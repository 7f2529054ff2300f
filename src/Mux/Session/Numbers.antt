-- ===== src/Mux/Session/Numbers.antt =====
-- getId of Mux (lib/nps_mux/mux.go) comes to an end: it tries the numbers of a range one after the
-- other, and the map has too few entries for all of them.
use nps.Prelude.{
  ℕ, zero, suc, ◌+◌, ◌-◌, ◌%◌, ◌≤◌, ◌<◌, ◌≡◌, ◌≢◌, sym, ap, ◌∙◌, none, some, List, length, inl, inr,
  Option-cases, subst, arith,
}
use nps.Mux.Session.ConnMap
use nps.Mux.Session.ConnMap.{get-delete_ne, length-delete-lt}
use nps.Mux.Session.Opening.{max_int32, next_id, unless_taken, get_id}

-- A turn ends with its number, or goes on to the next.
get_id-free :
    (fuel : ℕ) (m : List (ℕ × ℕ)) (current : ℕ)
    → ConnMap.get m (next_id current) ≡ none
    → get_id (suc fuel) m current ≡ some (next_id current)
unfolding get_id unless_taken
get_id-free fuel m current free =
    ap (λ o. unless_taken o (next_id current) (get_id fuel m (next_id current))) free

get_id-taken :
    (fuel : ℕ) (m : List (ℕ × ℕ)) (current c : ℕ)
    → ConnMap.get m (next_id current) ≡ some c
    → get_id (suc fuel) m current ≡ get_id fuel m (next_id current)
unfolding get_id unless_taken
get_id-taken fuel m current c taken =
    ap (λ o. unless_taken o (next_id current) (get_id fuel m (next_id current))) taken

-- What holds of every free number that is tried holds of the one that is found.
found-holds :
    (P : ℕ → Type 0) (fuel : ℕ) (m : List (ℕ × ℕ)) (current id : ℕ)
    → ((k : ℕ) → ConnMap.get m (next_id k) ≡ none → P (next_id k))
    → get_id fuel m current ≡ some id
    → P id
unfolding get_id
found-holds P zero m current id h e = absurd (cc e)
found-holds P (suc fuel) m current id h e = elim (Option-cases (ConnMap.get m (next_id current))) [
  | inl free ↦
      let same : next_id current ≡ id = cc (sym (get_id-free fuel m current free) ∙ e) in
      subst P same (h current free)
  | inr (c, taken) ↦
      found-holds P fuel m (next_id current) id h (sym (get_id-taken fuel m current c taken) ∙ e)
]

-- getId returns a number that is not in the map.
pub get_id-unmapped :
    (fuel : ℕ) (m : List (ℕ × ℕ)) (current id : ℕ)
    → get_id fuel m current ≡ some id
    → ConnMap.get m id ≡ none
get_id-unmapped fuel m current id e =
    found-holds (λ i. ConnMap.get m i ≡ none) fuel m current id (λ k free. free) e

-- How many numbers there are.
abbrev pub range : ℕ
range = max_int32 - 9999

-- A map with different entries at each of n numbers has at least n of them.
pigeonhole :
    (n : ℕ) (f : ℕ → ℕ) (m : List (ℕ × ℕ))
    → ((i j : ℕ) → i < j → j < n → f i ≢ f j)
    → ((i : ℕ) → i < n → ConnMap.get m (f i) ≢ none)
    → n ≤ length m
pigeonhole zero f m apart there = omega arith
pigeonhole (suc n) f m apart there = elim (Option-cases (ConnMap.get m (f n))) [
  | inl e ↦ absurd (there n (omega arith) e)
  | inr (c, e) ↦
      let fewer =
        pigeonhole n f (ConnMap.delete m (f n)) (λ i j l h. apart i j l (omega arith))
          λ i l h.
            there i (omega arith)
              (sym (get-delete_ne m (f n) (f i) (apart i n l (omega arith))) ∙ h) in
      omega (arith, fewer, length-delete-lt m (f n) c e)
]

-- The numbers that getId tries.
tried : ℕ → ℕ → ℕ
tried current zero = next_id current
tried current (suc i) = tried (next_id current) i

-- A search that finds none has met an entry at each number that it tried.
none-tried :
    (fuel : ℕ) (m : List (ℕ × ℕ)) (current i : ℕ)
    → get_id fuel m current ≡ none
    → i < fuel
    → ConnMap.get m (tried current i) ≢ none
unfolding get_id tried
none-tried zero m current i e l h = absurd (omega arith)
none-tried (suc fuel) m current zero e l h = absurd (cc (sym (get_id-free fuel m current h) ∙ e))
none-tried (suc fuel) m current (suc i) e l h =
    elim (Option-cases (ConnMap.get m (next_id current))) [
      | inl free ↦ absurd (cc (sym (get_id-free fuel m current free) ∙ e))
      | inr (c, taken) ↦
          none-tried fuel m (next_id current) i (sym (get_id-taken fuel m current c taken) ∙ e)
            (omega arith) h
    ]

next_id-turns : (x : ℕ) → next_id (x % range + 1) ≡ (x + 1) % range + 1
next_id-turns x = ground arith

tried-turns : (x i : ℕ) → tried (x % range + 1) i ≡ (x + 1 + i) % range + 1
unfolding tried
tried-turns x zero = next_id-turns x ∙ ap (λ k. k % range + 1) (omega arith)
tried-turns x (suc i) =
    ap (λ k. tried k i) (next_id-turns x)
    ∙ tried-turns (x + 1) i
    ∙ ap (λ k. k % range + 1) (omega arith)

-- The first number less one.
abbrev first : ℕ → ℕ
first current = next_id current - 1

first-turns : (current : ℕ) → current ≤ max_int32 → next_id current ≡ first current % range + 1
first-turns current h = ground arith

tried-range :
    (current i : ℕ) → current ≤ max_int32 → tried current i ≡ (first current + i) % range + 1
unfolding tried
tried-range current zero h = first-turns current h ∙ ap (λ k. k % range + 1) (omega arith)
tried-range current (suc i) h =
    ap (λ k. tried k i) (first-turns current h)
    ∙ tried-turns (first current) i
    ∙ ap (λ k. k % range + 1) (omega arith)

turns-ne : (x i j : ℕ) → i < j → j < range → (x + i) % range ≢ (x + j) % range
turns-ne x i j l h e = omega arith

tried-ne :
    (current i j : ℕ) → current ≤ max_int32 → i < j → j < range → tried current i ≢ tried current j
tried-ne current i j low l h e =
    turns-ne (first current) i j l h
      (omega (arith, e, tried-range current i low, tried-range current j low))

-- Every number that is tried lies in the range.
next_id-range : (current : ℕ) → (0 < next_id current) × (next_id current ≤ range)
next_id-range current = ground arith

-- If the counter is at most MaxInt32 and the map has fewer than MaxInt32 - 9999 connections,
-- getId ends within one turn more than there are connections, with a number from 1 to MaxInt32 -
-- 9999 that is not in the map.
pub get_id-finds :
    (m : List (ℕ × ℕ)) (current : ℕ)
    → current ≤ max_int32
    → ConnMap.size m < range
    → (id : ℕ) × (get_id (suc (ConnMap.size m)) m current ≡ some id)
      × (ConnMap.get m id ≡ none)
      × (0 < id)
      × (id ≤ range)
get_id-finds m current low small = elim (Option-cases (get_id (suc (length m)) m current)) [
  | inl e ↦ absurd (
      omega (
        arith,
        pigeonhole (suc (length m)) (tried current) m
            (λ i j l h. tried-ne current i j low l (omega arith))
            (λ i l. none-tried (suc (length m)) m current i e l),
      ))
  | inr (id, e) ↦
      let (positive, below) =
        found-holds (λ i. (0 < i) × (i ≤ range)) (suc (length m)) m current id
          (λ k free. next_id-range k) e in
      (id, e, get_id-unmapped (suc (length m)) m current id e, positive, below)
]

■ ■ ■ ■ ■

*Exercise details*
So that nothing is lost, please reproduce each entry exactly as written.

*Answer to the problem*
repository 7f2529054ff2300f
filename src/Mux/Session/Numbers.antt
-- ===== src/Mux/Session/Numbers.antt =====
-- getId of Mux (lib/nps_mux/mux.go) comes to an end: it tries the numbers of a range one after the
-- other, and the map has too few entries for all of them.
use nps.Prelude.{
  ℕ, zero, suc, ◌+◌, ◌-◌, ◌%◌, ◌≤◌, ◌<◌, ◌≡◌, ◌≢◌, sym, ap, ◌∙◌, none, some, List, length, inl, inr,
  Option-cases, subst, arith,
}
use nps.Mux.Session.ConnMap
use nps.Mux.Session.ConnMap.{get-delete_ne, length-delete-lt}
use nps.Mux.Session.Opening.{max_int32, next_id, unless_taken, get_id}

-- A turn ends with its number, or goes on to the next.
get_id-free :
    (fuel : ℕ) (m : List (ℕ × ℕ)) (current : ℕ)
    → ConnMap.get m (next_id current) ≡ none
    → get_id (suc fuel) m current ≡ some (next_id current)
unfolding get_id unless_taken
get_id-free fuel m current free =
    ap (λ o. unless_taken o (next_id current) (get_id fuel m (next_id current))) free

get_id-taken :
    (fuel : ℕ) (m : List (ℕ × ℕ)) (current c : ℕ)
    → ConnMap.get m (next_id current) ≡ some c
    → get_id (suc fuel) m current ≡ get_id fuel m (next_id current)
unfolding get_id unless_taken
get_id-taken fuel m current c taken =
    ap (λ o. unless_taken o (next_id current) (get_id fuel m (next_id current))) taken

-- What holds of every free number that is tried holds of the one that is found.
found-holds :
    (P : ℕ → Type 0) (fuel : ℕ) (m : List (ℕ × ℕ)) (current id : ℕ)
    → ((k : ℕ) → ConnMap.get m (next_id k) ≡ none → P (next_id k))
    → get_id fuel m current ≡ some id
    → P id
unfolding get_id
found-holds P zero m current id h e = absurd (cc e)
found-holds P (suc fuel) m current id h e = elim (Option-cases (ConnMap.get m (next_id current))) [
  | inl free ↦
      let same : next_id current ≡ id = cc (sym (get_id-free fuel m current free) ∙ e) in
      subst P same (h current free)
  | inr (c, taken) ↦
      found-holds P fuel m (next_id current) id h (sym (get_id-taken fuel m current c taken) ∙ e)
]

-- getId returns a number that is not in the map.
pub get_id-unmapped :
    (fuel : ℕ) (m : List (ℕ × ℕ)) (current id : ℕ)
    → get_id fuel m current ≡ some id
    → ConnMap.get m id ≡ none
get_id-unmapped fuel m current id e =
    found-holds (λ i. ConnMap.get m i ≡ none) fuel m current id (λ k free. free) e

-- How many numbers there are.
abbrev pub range : ℕ
range = max_int32 - 9999

-- A map with different entries at each of n numbers has at least n of them.
pigeonhole :
    (n : ℕ) (f : ℕ → ℕ) (m : List (ℕ × ℕ))
    → ((i j : ℕ) → i < j → j < n → f i ≢ f j)
    → ((i : ℕ) → i < n → ConnMap.get m (f i) ≢ none)
    → n ≤ length m
pigeonhole zero f m apart there = omega arith
pigeonhole (suc n) f m apart there = elim (Option-cases (ConnMap.get m (f n))) [
  | inl e ↦ absurd (there n (omega arith) e)
  | inr (c, e) ↦
      let fewer =
        pigeonhole n f (ConnMap.delete m (f n)) (λ i j l h. apart i j l (omega arith))
          λ i l h.
            there i (omega arith)
              (sym (get-delete_ne m (f n) (f i) (apart i n l (omega arith))) ∙ h) in
      omega (arith, fewer, length-delete-lt m (f n) c e)
]

-- The numbers that getId tries.
tried : ℕ → ℕ → ℕ
tried current zero = next_id current
tried current (suc i) = tried (next_id current) i

-- A search that finds none has met an entry at each number that it tried.
none-tried :
    (fuel : ℕ) (m : List (ℕ × ℕ)) (current i : ℕ)
    → get_id fuel m current ≡ none
    → i < fuel
    → ConnMap.get m (tried current i) ≢ none
unfolding get_id tried
none-tried zero m current i e l h = absurd (omega arith)
none-tried (suc fuel) m current zero e l h = absurd (cc (sym (get_id-free fuel m current h) ∙ e))
none-tried (suc fuel) m current (suc i) e l h =
    elim (Option-cases (ConnMap.get m (next_id current))) [
      | inl free ↦ absurd (cc (sym (get_id-free fuel m current free) ∙ e))
      | inr (c, taken) ↦
          none-tried fuel m (next_id current) i (sym (get_id-taken fuel m current c taken) ∙ e)
            (omega arith) h
    ]

next_id-turns : (x : ℕ) → next_id (x % range + 1) ≡ (x + 1) % range + 1
next_id-turns x = ground arith

tried-turns : (x i : ℕ) → tried (x % range + 1) i ≡ (x + 1 + i) % range + 1
unfolding tried
tried-turns x zero = next_id-turns x ∙ ap (λ k. k % range + 1) (omega arith)
tried-turns x (suc i) =
    ap (λ k. tried k i) (next_id-turns x)
    ∙ tried-turns (x + 1) i
    ∙ ap (λ k. k % range + 1) (omega arith)

-- The first number less one.
abbrev first : ℕ → ℕ
first current = next_id current - 1

first-turns : (current : ℕ) → current ≤ max_int32 → next_id current ≡ first current % range + 1
first-turns current h = ground arith

tried-range :
    (current i : ℕ) → current ≤ max_int32 → tried current i ≡ (first current + i) % range + 1
unfolding tried
tried-range current zero h = first-turns current h ∙ ap (λ k. k % range + 1) (omega arith)
tried-range current (suc i) h =
    ap (λ k. tried k i) (first-turns current h)
    ∙ tried-turns (first current) i
    ∙ ap (λ k. k % range + 1) (omega arith)

turns-ne : (x i j : ℕ) → i < j → j < range → (x + i) % range ≢ (x + j) % range
turns-ne x i j l h e = omega arith

tried-ne :
    (current i j : ℕ) → current ≤ max_int32 → i < j → j < range → tried current i ≢ tried current j
tried-ne current i j low l h e =
    turns-ne (first current) i j l h
      (omega (arith, e, tried-range current i low, tried-range current j low))

-- Every number that is tried lies in the range.
next_id-range : (current : ℕ) → (0 < next_id current) × (next_id current ≤ range)
next_id-range current = ground arith

-- If the counter is at most MaxInt32 and the map has fewer than MaxInt32 - 9999 connections,
-- getId ends within one turn more than there are connections, with a number from 1 to MaxInt32 -
-- 9999 that is not in the map.
pub get_id-finds :
    (m : List (ℕ × ℕ)) (current : ℕ)
    → current ≤ max_int32
    → ConnMap.size m < range
    → (id : ℕ) × (get_id (suc (ConnMap.size m)) m current ≡ some id)
      × (ConnMap.get m id ≡ none)
      × (0 < id)
      × (id ≤ range)
get_id-finds m current low small = elim (Option-cases (get_id (suc (length m)) m current)) [
  | inl e ↦ absurd (
      omega (
        arith,
        pigeonhole (suc (length m)) (tried current) m
            (λ i j l h. tried-ne current i j low l (omega arith))
            (λ i l. none-tried (suc (length m)) m current i e l),
      ))
  | inr (id, e) ↦
      let (positive, below) =
        found-holds (λ i. (0 < i) × (i ≤ range)) (suc (length m)) m current id
          (λ k free. next_id-range k) e in
      (id, e, get_id-unmapped (suc (length m)) m current id e, positive, below)
]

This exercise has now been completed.